Why Narrative Medicine May be the Discipline to Watch in 2015

If you’ve ever visited a doctor and felt that she just wasn’t listening to you describe your condition, you aren’t alone. In fact, many health care providers themselves wish that those in their field were more skilled at listening to patients’ accounts.

Things may be changing, thanks to the emerging field of narrative medicine.

What Narrative Medicine Is

Narrative medicine is a new field of research and health-care practice that centralizes the importance of patient and provider experiences in reconceptualizing compassionate, effective health care. The discipline draws principally upon literary theory, philosophy, and psychology, and aims to foster the acts of listening and recounting within clinical care settings.

Origin Story

The flagship narrative medicine program was founded in 2001 by Rita Charon, M.D., Ph.D. at Columbia University Medical Center, and from it, Columbia University launched a master of science (M.S.) program in 2009. While many medical schools, including the University of Virginia and Stanford University, have narrative medicine seminars, Columbia is currently the only school that offers a graduate degree in the field.

Credentialing

An M.S. in narrative medicine does not, on its own, qualify a graduate to provide clinical care, nor does it lead to licensure in the discipline. Most narrative medicine students are either mid-career professionals who are already qualified as doctors, nurses, social workers, or pastors, or they’re recent college graduates who plan to attend medical school. About a third of students in the program are educators, intellectuals, or artists whose goals include pursuits other than direct patient care.

Pedagogy

For program participants, the quintessential practices of narrative medicine are typically taught in workshops in which students collectively analyze literary or artistic works, which may include a poem, an excerpt from a novel, a work of art, or a performance piece. The discussions that unfold are lightly guided by a facilitator, who encourages students to explore the meaning and structure of the works examined. Seminars typically also include individual writing based on a prompt, such as, "Write about the memory of a place," followed by voluntary sharing.

Principles

The principle that underpins the narrative-medicine approach is that such skills as "close reading" will help students develop related skills in "close listening" as they interact with patients. Narrative medicine proponents argue that a health care professional who is listening attentively will also pick up information that may be relevant to the care she is providing; in addition, they emphasize that patients sense the greater receptivity in a provider trained in narrative medicine, and that they will accordingly expand their stories. In today’s health care settings, where a doctor's attention is frequently a scarce resource, this approach seeks to improve the quality of care delivered and to encourage close listening, reflective practice, and empathetic communication skills into the training of all health care professionals.

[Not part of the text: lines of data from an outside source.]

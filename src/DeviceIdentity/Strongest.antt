-- ===== src/DeviceIdentity/Strongest.antt =====
-- The identifier that decides is the strongest one that is known.
use tak_mdm.Base.{
  ℕ, ◌<◌, String, Bool, true, false, ◌≡◌, refl, sym, ap, ◌∙◌, subst, none, some, List, [], ◌∷◌,
  arith, if◌then◌else◌, In, any, inl, inr, Bool-cases, Option-cases, ltb, ◌==◌, ==_iff, ◌⊎◌,
}
use tak_mdm.Base.Membership.{In-keep→, In-keep←, any-true, any_of_In}
use tak_mdm.Base.Rows.{OneRow}
use tak_mdm.Base.Sorting.{sort_by, sort_by-head, In-sort_by}
use tak_mdm.Base.Text.{text_eq, text_eq_iff, text_lt, text_lt_irrefl, text_lt_trans, text_lt_total}
use tak_mdm.DeviceIdentity.{
  rank, ReportedIdentifier, DeviceIdentifier, Device, rank_of, stronger, matching, get_device,
  decided, resolve, by_value,
}

-- The order of the keys: a smaller number first, and equal ones by their texts.
abbrev key_lt : ℕ → String → ℕ → String → Bool
key_lt m s n t = if m == n then text_lt s t else ltb m n

key_irrefl : (m : ℕ) (s : String) → key_lt m s m s ≡ false
key_irrefl m s = ground (arith, text_lt_irrefl s)

text_asym : (s t : String) → text_lt s t ≡ true → text_lt t s ≡ false
text_asym s t h = elim (Bool-cases (text_lt t s)) [
  | inl k ↦ absurd (cc (text_lt_trans s t s h k, text_lt_irrefl s))
  | inr k ↦ k
]

text_negtrans : (s t u : String) → text_lt s t ≡ false → text_lt t u ≡ false → text_lt s u ≡ false
text_negtrans s t u h k = elim (Bool-cases (text_lt s u)) [
  | inl l ↦ elim (Bool-cases (text_lt t s)) [
    | inl m ↦ absurd (cc (text_lt_trans t s u m l, k))
    | inr m ↦ absurd (cc (k, subst (λ x. text_lt x u ≡ true) (text_lt_total s t h m) l))
  ]
  | inr l ↦ l
]

key_asym : (m n : ℕ) (s t : String) → key_lt m s n t ≡ true → key_lt n t m s ≡ false
key_asym m n s t h = ground (arith, text_asym s t)

key_negtrans :
    (m n k : ℕ) (s t u : String)
    → key_lt m s n t ≡ false
    → key_lt n t k u ≡ false
    → key_lt m s k u ≡ false
key_negtrans m n k s t u h g = ground (arith, text_negtrans s t u)

by_value-In :
    (v : String) (l : List ReportedIdentifier) (r : ReportedIdentifier)
    → by_value v l ≡ some r
    → In r l × (r.value ≡ v)
unfolding by_value
by_value-In v [] r e = absurd (cc)
by_value-In v (x ∷ l) r e = elim (Option-cases (by_value v l)) [
  | inl n ↦ elim (Bool-cases (text_eq x.value v)) [
    | inl h ↦
        let same : x ≡ r = only (rw (n, h) at e) in
        (
          inl (sym same),
          ap (λ (y : ReportedIdentifier). y.value) (sym same) ∙ (text_eq_iff x.value v).0 h,
        )
    | inr h ↦ absurd (no_some (rw (n, h) at e))
  ]
  | inr (y, n) ↦ let (i, q) = by_value-In v l r (n ∙ (rw n at e)) in (inr i, q)
]
  where
    only : {y z : ReportedIdentifier} → some y ≡ some z → y ≡ z
    only p = cc

    no_some : none ≡ some r → ⊥
    no_some p = cc

by_value-found :
    (v : String) (l : List ReportedIdentifier) (x : ReportedIdentifier)
    → In x l
    → x.value ≡ v
    → (r : ReportedIdentifier) × (by_value v l ≡ some r)
unfolding by_value
by_value-found v [] x i e = absurd i
by_value-found v (y ∷ l) x i e = elim (Option-cases (by_value v l)) [
  | inr (r, n) ↦ (r, rw n refl)
  | inl n ↦ elim i [
    | inl q ↦ (
      y,
      rw (n, (text_eq_iff y.value v).1 (ap (λ (z : ReportedIdentifier). z.value) (sym q) ∙ e)) refl,
    )
    | inr j ↦ let (r, m) = by_value-found v l x j e in absurd (no_some (sym n ∙ m))
  ]
]
  where
    no_some : {r : ReportedIdentifier} → none ≡ some r → ⊥
    no_some p = cc

-- The place of a value is that of the kind under which it was reported.
rank_of-reported :
    (reported : List ReportedIdentifier) (x : ReportedIdentifier)
    → OneRow (λ (r : ReportedIdentifier). r.value) reported
    → In x reported
    → (rank_of reported x.value ≡ rank x.kind) × (by_value x.value reported ≡ some x)
unfolding rank_of
rank_of-reported reported x one i =
    let (r, e) = by_value-found x.value reported x i refl in
    let (j, q) = by_value-In x.value reported r e in
    let found : by_value x.value reported ≡ some x = e ∙ ap some (one r x j i q) in
    (rw (rank_of, found) refl, found)

-- no later than the other in the order of the kinds, and of the values under one kind
abbrev pub NoLater : ReportedIdentifier → ReportedIdentifier → Type 0
NoLater r x =
    (rank r.kind < rank x.kind) ⊎ ((rank r.kind ≡ rank x.kind) × (text_lt x.value r.value ≡ false))

no_later :
    (r x : ReportedIdentifier)
    → key_lt (rank x.kind) x.value (rank r.kind) r.value ≡ false
    → NoLater r x
no_later r x h = elim (Bool-cases (rank x.kind == rank r.kind)) [
  | inl e ↦ inr (sym ((==_iff (rank x.kind) (rank r.kind)).0 e), rw e at h)
  | inr e ↦ inl (below (rank x.kind) (rank r.kind) e (rw e at h))
]
  where
    below : (m n : ℕ) → (m == n) ≡ false → ltb m n ≡ false → n < m
    below m n p q = ground arith

module _ (reported : List ReportedIdentifier) (rows : List DeviceIdentifier) (devices : List Device)
    (one : OneRow (λ (r : ReportedIdentifier). r.value) reported) where
  abbrev sorted : List DeviceIdentifier
  sorted = sort_by (stronger reported) (matching reported rows)

  -- The first of the sorted rows, and the identifier of its value.
  head_row :
      (row w : DeviceIdentifier) (l : List DeviceIdentifier) (x : ReportedIdentifier)
      → sorted ≡ w ∷ l
      → In x reported
      → In row rows
      → x.value ≡ row.value
      → (r : ReportedIdentifier) × (by_value w.value reported ≡ some r)
        × In r reported
        × In w rows
        × (w.value ≡ r.value)
        × NoLater r x
  unfolding matching stronger
  head_row row w l x e i j q =
      let known =
        In-keep← (λ y. any (λ r. text_eq r.value y.value) reported) rows row j
          (any_of_In (λ r. text_eq r.value row.value) reported x i
            ((text_eq_iff x.value row.value).1 q)) in
      let least =
        sort_by-head (stronger reported) (matching reported rows)
          (λ a. key_irrefl (rank_of reported a.value) a.value)
          (λ a b h.
            key_asym (rank_of reported a.value) (rank_of reported b.value) a.value b.value h)
          (λ a b c h g.
            key_negtrans (rank_of reported a.value) (rank_of reported b.value)
              (rank_of reported c.value) a.value b.value c.value h g)
          w l e row known in
      let (m, h) =
        In-keep→ (λ y. any (λ r. text_eq r.value y.value) reported) rows w
          ((In-sort_by (stronger reported) w (matching reported rows)).0
            (subst (In w) (sym e) (inl refl))) in
      let (r, k, g) = any-true (λ r. text_eq r.value w.value) reported h in
      let same : r.value ≡ w.value = (text_eq_iff r.value w.value).0 g in
      (
        r,
        subst (λ v. by_value v reported ≡ some r) same (rank_of-reported reported r one k).1,
        k,
        m,
        sym same,
        no_later r x (
            subst (λ n. key_lt (rank x.kind) x.value n r.value ≡ false)
              (rank_of-reported reported r one k).0
              (subst (λ n. key_lt n x.value (rank_of reported r.value) r.value ≡ false)
                (rank_of-reported reported x one i).0
                (subst
                  (λ v. key_lt (rank_of reported x.value) x.value (rank_of reported v) v ≡ false)
                  (sym same)
                  (subst
                    (λ v. key_lt (rank_of reported v) v (rank_of reported w.value) w.value ≡ false)
                    (sym q) least)))),
      )

  -- If an identifier that is reported is known, `resolve` answers the device of a reported and known
  -- identifier, and no reported and known identifier comes before that one in the order of the kinds,
  -- or under one kind in that of the values: so the answer does not depend on the order in which
  -- identifiers are reported or rows are stored. No value is reported twice.
  pub resolve-strongest :
      (x : ReportedIdentifier) (row : DeviceIdentifier)
      → In x reported
      → In row rows
      → x.value ≡ row.value
      → (r : ReportedIdentifier) × (w : DeviceIdentifier) × ((resolve reported rows
            devices).matched_on
          ≡ some r)
        × ((resolve reported rows devices).device ≡ get_device w.device_id devices)
        × In r reported
        × In w rows
        × (w.value ≡ r.value)
        × NoLater r x
  unfolding resolve matching
  resolve-strongest x row i j q = first_row sorted refl
    where
      known : In row (matching reported rows)
      known =
          In-keep← (λ y. any (λ r. text_eq r.value y.value) reported) rows row j
            (any_of_In (λ r. text_eq r.value row.value) reported x i
              ((text_eq_iff x.value row.value).1 q))

      first_row :
          (l : List DeviceIdentifier)
          → sorted ≡ l
          → (r : ReportedIdentifier) × (w : DeviceIdentifier) × ((resolve reported rows
                devices).matched_on
              ≡ some r)
            × ((resolve reported rows devices).device ≡ get_device w.device_id devices)
            × In r reported
            × In w rows
            × (w.value ≡ r.value)
            × NoLater r x
      first_row [] e =
          absurd (
            subst (In row) e
              ((In-sort_by (stronger reported) row (matching reported rows)).1 known))
      first_row (w ∷ l) e =
          let (r, g, k, m, same, least) = head_row row w l x e i j q in
          (
            r,
            w,
            ap (λ s. (decided reported devices s).matched_on) e ∙ answer_on w l ∙ g,
            ap (λ s. (decided reported devices s).device) e ∙ answer_device w l,
            k,
            m,
            same,
            least,
          )
        where
          answer_on :
              (w : DeviceIdentifier) (l : List DeviceIdentifier)
              → (decided reported devices (w ∷ l)).matched_on ≡ by_value w.value reported
          answer_on w l = unfold decided in refl

          answer_device :
              (w : DeviceIdentifier) (l : List DeviceIdentifier)
              → (decided reported devices (w ∷ l)).device ≡ get_device w.device_id devices
          answer_device w l = unfold decided in refl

Who Should Pursue Narrative Medicine

While some students may find that a seminar is an adequate introduction to this emerging field, for those who want to develop more advanced practical skills or who want to advocate for a different model of health care services, Columbia’s 38-credit master’s provides an opportunity to learn the methodology deeply, to take relevant electives, and even to produce a capstone project. Courses may include a review of contemporary philosophy and ethics, literature of death and dying, or qualitative research methodology.

Field Growth

The practice of narrative medicine also offers a beneficial tool for care providers to discuss the ethical, emotional, and cultural experiences of delivering health care. Atul Gawande’s recent book Being Mortal — and the widespread popularity it has seen among the general public and care providers — seems to point to a cultural shift regarding the emphasis to place on the non-mechanistic aspects of care. These include everything that is unlikely to show up on a patient’s medical chart. Proponents like Rita Charon and Atul Gawande aim to remind health-care professionals that their role is not just to fix faulty parts, but also to act as trusted advocates and listeners for the trials their patients are facing.